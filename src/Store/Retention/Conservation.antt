-- ===== src/Store/Retention/Conservation.antt =====
-- store.py: compaction loses no counter delta and no reset.
use aws_ops_monitor.Prelude.{
  ℕ, ◌+◌, ◌*◌, ◌≤◌, ◌≡◌, refl, true, List, [], ◌∷◌, map, arith, leb, filter,
}
use aws_ops_monitor.Prelude.Float.{micro}
use aws_ops_monitor.Store.{Tables, Rollup, CounterRow}
use aws_ops_monitor.Store.Retention.{
  same_bucket, merge_all, rollup_of, group_rows, Cutoffs, delete_before, is_compacted, retain,
}
use aws_ops_monitor.Store.Retention.Rollups.{
  same_bucket_iff, AddsUp, total, total-merge_all, total-group_rows, delta_value-AddsUp,
  reset_count-AddsUp,
}

-- the total of a bucket, in the rollups and in the raw rows
abbrev pub bucket_total : (Rollup → ℕ) → Rollup → Tables → ℕ
bucket_total f k db =
    total f k db.counter_hourly_rollups + total f k (map rollup_of db.counter_samples)

-- A row that falls in a bucket is not older than the hour of the bucket.
within_hour :
    (row : CounterRow) (k : Rollup)
    → same_bucket (rollup_of row) k ≡ true
    → k.bucket_start * micro ≤ row.observed_at
unfolding rollup_of
within_hour row k h = let e = ((same_bucket_iff (rollup_of row) k).0 h).bucket_start in omega arith

module _ (f : Rollup → ℕ) (adds : AddsUp f) (k : Rollup) (c : Cutoffs)
    (kept : c.rollup ≤ k.bucket_start * micro) where
  total-filter_bucket :
      (rs : List Rollup)
      → total f k (filter (λ r. leb (delete_before c) r.bucket_start) rs) ≡ total f k rs
  unfolding delete_before
  total-filter_bucket [] = refl
  total-filter_bucket (r ∷ rs) = ground (arith, total-filter_bucket rs, same_bucket_iff r k)

  split_row :
      (row : CounterRow)
      → same_bucket (rollup_of row) k ≡ true
      → leb c.rollup row.observed_at ≡ true
  split_row row h = let t = within_hour row k h in ground arith

  total_split :
      (rows : List CounterRow)
      → total f k (map rollup_of (filter (is_compacted c) rows))
          + total f k (map rollup_of (filter (λ r. leb c.raw r.observed_at) rows))
        ≡ total f k (map rollup_of rows)
  total_split [] = refl
  total_split (row ∷ rows) = ground (arith, total_split rows, split_row row)

  retain_conserves_column : (db : Tables) → bucket_total f k (retain c db).1 ≡ bucket_total f k db
  unfolding retain
  retain_conserves_column db =
      let old = filter (is_compacted c) db.counter_samples in
      omega (
        arith,
        total-filter_bucket (merge_all (group_rows old) db.counter_hourly_rollups),
        total-merge_all f adds k (group_rows old) db.counter_hourly_rollups,
        total-group_rows f adds k old,
        total_split db.counter_samples,
      )

-- For each hour that begins at or after the rollup cutoff, and each series, the deltas and the
-- resets of the hour add up to the same totals over rollups and raw rows before and after: what
-- compaction takes out of the raw rows, it adds to the rollups.
pub retain_conserves :
    (k : Rollup) (c : Cutoffs) (db : Tables)
    → c.rollup ≤ k.bucket_start * micro
    → (bucket_total (λ r. r.delta_value) k (retain c db).1 ≡ bucket_total (λ r. r.delta_value) k db)
      × (bucket_total (λ r. r.reset_count) k (retain c db).1
          ≡ bucket_total (λ r. r.reset_count) k db)
retain_conserves k c db kept = (
  retain_conserves_column (λ r. r.delta_value) delta_value-AddsUp k c kept db,
  retain_conserves_column (λ r. r.reset_count) reset_count-AddsUp k c kept db,
)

### About this task
Using the entries above, repeat only the lines from the one containing "unfolding delete_before" through the one containing "row.observed_at ≡ true", end lines included.

### Answer box
  unfolding delete_before
  total-filter_bucket [] = refl
  total-filter_bucket (r ∷ rs) = ground (arith, total-filter_bucket rs, same_bucket_iff r k)

  split_row :
      (row : CounterRow)
      → same_bucket (rollup_of row) k ≡ true
      → leb c.rollup row.observed_at ≡ true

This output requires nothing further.